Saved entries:
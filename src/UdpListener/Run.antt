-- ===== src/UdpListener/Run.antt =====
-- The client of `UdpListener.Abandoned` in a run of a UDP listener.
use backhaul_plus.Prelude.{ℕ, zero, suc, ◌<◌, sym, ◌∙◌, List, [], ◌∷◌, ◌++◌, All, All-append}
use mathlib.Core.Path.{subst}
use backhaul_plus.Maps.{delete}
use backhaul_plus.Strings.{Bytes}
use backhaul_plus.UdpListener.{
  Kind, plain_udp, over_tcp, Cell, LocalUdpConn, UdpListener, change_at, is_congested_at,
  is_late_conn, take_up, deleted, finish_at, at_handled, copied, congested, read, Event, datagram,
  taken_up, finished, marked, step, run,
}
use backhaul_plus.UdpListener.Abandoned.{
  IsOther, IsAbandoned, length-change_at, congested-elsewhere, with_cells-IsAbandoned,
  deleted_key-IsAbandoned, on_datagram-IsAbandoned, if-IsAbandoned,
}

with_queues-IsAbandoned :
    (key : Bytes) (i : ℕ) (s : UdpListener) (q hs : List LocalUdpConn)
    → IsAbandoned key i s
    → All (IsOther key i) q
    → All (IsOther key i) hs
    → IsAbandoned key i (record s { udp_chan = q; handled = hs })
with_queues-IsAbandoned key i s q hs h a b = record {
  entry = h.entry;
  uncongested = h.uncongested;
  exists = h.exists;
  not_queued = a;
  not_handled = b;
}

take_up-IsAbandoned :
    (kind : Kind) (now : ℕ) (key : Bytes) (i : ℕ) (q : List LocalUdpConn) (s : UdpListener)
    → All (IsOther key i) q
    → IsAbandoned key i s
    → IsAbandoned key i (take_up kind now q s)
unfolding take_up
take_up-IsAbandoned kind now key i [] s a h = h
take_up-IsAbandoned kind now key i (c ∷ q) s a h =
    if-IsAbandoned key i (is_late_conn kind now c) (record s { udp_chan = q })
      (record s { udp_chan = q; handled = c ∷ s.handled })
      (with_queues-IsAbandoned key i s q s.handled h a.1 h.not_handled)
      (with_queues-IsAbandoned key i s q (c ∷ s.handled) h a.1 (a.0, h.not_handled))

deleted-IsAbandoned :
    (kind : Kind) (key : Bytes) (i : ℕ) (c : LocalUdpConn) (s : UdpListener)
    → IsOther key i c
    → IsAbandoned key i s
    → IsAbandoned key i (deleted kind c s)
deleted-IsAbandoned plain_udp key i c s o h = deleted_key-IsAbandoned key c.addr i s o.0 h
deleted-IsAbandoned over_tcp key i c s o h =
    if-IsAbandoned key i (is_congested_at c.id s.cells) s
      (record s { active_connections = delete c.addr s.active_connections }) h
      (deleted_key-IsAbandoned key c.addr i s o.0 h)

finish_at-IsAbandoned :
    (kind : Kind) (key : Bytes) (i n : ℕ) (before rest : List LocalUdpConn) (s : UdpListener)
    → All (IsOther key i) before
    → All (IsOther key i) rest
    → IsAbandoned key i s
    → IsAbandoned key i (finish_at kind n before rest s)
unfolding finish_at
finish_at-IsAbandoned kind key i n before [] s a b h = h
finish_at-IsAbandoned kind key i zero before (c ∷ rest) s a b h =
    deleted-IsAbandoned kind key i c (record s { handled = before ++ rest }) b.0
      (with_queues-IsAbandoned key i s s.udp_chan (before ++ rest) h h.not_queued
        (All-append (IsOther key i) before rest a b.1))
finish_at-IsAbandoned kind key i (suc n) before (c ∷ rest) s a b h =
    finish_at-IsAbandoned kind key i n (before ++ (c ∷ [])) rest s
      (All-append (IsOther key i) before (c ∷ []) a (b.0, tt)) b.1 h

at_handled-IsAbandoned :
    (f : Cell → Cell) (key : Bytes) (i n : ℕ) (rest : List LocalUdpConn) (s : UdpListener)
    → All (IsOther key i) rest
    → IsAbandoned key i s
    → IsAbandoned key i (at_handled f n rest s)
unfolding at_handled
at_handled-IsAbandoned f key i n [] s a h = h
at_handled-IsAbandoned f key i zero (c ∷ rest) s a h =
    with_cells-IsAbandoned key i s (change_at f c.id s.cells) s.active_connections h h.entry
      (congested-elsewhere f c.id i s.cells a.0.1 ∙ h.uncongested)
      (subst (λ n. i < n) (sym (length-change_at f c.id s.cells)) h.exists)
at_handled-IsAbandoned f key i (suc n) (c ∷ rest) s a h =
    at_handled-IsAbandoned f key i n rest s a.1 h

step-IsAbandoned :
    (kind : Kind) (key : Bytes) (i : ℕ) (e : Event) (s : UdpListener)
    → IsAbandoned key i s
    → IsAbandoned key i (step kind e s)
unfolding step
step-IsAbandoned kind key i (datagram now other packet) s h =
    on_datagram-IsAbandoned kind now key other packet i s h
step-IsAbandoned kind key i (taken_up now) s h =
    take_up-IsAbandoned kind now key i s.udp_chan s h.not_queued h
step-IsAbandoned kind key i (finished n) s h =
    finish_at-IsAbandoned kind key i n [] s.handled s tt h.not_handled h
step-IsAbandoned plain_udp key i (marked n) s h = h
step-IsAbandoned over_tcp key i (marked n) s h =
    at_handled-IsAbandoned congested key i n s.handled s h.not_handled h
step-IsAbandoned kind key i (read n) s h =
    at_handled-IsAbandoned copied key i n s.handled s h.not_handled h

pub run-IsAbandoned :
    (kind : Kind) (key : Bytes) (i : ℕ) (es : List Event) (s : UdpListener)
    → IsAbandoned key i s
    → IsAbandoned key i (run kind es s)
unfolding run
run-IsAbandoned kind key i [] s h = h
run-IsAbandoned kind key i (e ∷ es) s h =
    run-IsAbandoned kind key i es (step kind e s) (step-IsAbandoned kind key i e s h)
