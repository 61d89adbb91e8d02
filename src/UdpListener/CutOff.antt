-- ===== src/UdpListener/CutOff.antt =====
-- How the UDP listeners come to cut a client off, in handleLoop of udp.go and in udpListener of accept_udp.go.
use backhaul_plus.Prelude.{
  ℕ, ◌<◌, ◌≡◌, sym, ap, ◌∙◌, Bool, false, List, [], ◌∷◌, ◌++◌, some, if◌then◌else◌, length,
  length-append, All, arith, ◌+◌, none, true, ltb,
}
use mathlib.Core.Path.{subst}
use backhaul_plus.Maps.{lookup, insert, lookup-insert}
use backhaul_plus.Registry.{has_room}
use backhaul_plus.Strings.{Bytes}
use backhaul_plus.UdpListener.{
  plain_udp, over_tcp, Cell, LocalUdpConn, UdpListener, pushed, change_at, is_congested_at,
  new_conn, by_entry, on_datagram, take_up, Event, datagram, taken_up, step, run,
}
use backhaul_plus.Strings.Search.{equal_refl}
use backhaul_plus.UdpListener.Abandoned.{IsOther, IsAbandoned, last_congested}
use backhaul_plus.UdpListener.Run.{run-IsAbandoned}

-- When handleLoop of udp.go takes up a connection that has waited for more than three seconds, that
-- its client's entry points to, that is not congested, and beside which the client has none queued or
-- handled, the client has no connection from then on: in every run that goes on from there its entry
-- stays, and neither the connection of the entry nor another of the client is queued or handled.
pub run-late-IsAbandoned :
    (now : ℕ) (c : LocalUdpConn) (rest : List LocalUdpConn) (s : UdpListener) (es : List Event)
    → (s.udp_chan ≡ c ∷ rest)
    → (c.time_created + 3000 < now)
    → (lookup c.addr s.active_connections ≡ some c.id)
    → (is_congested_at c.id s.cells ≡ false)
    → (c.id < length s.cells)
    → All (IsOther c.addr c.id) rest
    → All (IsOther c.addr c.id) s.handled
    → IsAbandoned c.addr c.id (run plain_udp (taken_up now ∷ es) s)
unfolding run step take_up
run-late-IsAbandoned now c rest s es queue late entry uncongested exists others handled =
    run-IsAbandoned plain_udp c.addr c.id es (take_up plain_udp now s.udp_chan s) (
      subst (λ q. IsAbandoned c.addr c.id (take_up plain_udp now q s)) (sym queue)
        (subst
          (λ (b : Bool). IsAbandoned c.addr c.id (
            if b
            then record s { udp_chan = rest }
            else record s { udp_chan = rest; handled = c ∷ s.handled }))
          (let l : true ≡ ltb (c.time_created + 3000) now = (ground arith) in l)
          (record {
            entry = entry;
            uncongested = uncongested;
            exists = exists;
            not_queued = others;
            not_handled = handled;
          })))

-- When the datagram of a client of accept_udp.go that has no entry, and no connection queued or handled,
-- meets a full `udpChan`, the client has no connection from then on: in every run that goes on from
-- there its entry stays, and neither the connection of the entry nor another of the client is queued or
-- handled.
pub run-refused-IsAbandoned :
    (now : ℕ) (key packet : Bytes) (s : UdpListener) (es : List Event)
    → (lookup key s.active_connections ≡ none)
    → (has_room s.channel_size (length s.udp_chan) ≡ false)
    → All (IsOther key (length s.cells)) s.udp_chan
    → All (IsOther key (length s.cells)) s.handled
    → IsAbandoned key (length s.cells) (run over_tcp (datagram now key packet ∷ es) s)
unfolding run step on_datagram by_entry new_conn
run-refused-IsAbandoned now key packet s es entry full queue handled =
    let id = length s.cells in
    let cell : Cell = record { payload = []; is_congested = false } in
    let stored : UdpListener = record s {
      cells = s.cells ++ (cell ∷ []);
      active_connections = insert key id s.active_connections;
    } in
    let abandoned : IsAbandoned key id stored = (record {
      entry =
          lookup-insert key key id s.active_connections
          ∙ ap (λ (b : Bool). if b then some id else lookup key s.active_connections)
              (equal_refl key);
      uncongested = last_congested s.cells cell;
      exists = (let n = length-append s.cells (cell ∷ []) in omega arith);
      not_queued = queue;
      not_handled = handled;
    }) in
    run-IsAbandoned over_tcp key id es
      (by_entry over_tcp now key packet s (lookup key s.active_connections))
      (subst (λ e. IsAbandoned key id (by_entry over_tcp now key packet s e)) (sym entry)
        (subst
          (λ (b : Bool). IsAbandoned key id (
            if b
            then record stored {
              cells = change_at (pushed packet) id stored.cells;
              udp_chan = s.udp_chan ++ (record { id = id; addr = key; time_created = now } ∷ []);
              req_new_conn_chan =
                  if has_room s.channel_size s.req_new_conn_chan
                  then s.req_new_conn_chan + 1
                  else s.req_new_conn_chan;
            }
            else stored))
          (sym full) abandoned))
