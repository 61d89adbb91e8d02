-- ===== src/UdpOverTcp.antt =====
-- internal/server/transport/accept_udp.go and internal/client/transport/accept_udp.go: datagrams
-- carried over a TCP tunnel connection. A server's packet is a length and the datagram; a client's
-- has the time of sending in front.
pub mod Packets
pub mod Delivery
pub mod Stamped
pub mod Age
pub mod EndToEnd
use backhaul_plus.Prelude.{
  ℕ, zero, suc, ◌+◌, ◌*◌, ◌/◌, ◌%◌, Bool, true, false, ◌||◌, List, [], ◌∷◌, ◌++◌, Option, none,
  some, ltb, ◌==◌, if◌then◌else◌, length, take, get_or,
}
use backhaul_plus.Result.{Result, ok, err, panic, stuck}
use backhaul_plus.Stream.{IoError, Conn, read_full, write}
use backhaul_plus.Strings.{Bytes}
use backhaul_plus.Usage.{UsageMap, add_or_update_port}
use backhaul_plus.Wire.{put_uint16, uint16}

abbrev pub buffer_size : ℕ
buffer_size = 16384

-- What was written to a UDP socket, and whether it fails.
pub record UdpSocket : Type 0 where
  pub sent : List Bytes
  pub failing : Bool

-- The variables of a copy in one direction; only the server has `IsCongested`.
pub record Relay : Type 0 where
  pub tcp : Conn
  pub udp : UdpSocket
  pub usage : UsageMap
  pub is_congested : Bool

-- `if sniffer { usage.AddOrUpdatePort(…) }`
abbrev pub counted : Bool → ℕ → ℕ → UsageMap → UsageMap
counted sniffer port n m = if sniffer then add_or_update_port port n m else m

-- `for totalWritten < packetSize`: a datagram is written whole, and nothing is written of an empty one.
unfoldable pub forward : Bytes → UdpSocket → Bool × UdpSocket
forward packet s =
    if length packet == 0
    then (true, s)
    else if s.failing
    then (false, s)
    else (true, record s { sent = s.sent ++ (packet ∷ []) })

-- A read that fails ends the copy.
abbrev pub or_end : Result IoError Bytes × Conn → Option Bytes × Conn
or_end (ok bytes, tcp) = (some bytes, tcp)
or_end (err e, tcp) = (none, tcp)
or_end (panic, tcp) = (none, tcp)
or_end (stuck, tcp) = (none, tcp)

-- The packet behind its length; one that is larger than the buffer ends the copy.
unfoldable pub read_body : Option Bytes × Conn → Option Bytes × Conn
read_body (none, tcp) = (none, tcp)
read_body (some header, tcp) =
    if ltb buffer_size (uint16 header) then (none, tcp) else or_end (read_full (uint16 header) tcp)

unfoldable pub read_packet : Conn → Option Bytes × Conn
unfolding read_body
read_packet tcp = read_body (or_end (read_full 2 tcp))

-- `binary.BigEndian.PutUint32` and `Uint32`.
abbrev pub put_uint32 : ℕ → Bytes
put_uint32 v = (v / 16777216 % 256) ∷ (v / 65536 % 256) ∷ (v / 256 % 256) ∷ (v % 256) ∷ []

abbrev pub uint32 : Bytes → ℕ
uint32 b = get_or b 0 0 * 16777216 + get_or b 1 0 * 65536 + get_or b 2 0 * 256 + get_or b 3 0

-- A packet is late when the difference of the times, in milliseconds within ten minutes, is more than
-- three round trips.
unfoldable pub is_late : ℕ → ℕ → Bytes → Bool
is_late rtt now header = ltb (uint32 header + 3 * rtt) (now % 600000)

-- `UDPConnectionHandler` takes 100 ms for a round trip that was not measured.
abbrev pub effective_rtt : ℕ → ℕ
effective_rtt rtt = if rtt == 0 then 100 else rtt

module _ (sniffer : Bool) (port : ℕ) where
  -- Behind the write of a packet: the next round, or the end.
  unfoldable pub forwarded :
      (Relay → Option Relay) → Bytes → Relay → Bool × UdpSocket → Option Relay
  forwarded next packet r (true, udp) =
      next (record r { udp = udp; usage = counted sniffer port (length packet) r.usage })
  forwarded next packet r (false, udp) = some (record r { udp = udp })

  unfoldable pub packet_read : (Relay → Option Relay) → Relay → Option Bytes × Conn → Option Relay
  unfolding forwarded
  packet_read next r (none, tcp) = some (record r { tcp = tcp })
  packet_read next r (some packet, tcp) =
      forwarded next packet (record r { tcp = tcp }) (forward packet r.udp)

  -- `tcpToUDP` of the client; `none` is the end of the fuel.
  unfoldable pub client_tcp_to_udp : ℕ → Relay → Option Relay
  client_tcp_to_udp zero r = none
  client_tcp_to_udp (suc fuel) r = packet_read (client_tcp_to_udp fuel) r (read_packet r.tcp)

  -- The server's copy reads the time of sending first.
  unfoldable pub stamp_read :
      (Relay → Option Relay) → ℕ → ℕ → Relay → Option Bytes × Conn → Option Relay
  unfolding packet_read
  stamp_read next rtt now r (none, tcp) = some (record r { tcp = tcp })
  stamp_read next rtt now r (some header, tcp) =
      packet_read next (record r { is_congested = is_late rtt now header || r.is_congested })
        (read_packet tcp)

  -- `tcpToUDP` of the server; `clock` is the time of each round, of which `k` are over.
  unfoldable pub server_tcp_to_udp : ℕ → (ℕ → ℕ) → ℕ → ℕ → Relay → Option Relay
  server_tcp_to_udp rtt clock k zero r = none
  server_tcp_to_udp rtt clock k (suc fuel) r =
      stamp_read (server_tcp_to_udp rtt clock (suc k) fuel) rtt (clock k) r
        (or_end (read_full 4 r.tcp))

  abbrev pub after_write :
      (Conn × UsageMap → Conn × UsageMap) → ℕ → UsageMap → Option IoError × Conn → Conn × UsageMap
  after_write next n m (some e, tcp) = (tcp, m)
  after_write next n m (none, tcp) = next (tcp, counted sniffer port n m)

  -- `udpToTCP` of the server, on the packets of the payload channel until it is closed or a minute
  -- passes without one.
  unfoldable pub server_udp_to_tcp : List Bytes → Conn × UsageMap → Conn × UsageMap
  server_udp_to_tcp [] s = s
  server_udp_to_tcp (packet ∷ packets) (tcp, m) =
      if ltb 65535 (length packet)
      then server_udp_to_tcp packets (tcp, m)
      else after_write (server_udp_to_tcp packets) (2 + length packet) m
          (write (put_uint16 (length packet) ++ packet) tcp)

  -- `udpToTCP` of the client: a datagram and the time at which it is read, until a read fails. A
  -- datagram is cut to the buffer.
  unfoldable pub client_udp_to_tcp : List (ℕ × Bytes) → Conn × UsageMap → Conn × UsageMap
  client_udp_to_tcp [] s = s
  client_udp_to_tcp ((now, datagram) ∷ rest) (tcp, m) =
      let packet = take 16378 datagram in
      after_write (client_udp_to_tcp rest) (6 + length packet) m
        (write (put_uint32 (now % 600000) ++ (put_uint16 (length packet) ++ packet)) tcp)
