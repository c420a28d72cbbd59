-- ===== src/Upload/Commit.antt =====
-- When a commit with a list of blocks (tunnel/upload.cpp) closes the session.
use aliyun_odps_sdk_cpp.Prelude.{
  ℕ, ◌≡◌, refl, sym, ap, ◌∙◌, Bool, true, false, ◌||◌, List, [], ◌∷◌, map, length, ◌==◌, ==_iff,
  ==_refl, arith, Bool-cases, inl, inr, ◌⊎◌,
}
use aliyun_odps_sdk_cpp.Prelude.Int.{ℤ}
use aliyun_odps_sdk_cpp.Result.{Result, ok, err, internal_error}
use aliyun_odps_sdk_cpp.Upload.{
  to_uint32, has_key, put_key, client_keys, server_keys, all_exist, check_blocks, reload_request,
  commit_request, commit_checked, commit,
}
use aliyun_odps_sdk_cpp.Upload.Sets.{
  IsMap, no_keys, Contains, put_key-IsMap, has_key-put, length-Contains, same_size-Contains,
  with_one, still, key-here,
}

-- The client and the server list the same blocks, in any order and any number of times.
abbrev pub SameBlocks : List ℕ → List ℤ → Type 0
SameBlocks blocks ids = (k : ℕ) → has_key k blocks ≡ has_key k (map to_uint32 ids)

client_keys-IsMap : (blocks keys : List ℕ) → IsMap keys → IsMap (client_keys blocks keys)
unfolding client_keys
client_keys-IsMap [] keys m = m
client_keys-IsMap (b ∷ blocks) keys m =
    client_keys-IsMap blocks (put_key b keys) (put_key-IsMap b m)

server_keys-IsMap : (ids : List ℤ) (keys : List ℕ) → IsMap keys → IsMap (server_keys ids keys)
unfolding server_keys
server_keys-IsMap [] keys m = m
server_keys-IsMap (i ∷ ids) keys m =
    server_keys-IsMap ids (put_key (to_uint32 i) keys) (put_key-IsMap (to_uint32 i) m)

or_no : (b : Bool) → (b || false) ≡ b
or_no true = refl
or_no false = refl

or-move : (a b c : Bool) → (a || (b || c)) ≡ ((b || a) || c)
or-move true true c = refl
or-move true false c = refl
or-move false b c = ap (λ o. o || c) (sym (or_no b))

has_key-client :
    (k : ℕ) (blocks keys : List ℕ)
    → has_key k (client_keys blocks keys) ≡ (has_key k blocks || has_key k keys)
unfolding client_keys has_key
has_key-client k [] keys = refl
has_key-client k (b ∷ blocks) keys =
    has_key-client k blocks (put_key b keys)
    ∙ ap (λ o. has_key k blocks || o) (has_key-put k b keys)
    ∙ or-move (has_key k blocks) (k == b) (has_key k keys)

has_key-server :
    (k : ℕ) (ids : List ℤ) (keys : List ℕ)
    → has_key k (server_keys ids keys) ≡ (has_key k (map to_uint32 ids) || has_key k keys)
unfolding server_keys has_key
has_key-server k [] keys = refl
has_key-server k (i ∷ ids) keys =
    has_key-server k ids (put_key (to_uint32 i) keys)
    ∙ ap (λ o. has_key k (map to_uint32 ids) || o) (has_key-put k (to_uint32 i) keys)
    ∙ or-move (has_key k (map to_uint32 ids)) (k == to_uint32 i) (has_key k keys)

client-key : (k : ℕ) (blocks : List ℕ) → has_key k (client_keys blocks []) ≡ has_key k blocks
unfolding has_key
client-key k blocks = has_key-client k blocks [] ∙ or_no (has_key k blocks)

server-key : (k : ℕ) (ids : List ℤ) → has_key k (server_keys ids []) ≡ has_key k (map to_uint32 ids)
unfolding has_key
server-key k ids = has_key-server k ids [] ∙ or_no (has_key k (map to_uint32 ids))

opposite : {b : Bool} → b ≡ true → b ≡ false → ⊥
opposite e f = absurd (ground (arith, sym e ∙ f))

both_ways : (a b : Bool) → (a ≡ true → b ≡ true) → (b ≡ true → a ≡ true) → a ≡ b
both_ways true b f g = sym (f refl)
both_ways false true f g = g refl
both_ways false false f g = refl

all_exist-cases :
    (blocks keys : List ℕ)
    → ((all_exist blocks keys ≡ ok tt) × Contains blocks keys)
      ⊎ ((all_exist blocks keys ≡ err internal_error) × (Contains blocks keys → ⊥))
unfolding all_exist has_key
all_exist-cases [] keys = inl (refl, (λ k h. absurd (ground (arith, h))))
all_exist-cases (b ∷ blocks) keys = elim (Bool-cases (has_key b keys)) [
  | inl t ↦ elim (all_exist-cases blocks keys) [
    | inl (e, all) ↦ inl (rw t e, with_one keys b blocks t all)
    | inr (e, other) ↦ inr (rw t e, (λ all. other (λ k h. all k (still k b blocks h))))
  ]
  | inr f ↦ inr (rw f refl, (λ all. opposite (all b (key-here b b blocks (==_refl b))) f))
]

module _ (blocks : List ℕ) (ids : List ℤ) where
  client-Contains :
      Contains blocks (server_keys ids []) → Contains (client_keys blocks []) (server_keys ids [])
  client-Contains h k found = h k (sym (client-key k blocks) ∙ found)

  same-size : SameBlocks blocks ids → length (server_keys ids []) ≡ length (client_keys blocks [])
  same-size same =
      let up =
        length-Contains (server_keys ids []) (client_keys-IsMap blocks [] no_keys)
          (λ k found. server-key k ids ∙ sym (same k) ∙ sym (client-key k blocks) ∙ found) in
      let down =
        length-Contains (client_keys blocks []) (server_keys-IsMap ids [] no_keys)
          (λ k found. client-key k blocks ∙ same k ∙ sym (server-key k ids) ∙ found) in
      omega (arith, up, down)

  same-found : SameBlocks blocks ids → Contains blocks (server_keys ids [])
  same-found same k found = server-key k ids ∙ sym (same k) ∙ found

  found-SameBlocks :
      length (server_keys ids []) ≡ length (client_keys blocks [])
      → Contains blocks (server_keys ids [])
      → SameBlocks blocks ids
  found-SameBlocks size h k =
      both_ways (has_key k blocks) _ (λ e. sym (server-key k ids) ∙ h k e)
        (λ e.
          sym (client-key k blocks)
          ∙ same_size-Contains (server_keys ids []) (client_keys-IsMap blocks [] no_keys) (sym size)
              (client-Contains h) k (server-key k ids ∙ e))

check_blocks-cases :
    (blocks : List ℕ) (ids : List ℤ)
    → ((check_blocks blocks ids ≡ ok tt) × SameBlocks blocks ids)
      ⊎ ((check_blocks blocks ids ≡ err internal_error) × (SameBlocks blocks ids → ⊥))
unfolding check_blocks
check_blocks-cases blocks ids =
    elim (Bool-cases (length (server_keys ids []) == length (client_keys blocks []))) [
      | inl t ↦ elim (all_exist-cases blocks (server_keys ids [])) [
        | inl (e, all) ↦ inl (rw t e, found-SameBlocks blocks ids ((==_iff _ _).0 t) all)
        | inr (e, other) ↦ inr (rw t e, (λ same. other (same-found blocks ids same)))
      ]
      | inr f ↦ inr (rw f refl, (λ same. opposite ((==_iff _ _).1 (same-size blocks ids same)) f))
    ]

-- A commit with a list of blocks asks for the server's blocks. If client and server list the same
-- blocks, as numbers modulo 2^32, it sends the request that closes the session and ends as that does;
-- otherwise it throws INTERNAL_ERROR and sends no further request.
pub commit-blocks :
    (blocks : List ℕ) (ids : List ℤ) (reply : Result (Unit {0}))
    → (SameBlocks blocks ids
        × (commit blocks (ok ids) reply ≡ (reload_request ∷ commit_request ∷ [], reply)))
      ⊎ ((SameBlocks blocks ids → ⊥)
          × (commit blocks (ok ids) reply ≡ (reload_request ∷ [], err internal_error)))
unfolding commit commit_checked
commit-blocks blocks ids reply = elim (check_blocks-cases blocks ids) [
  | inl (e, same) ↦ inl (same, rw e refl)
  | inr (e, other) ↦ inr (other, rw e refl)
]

[Work to complete] Out of the entries above, write out only the lines between the line holding "(by_entry over_tcp now key packet s (lookup" and the line holding "cells = change_at", inclusive, each exactly as given.

[Result below]
      (by_entry over_tcp now key packet s (lookup key s.active_connections))
      (subst (λ e. IsAbandoned key id (by_entry over_tcp now key packet s e)) (sym entry)
        (subst
          (λ (b : Bool). IsAbandoned key id (
            if b
            then record stored {
              cells = change_at (pushed packet) id stored.cells;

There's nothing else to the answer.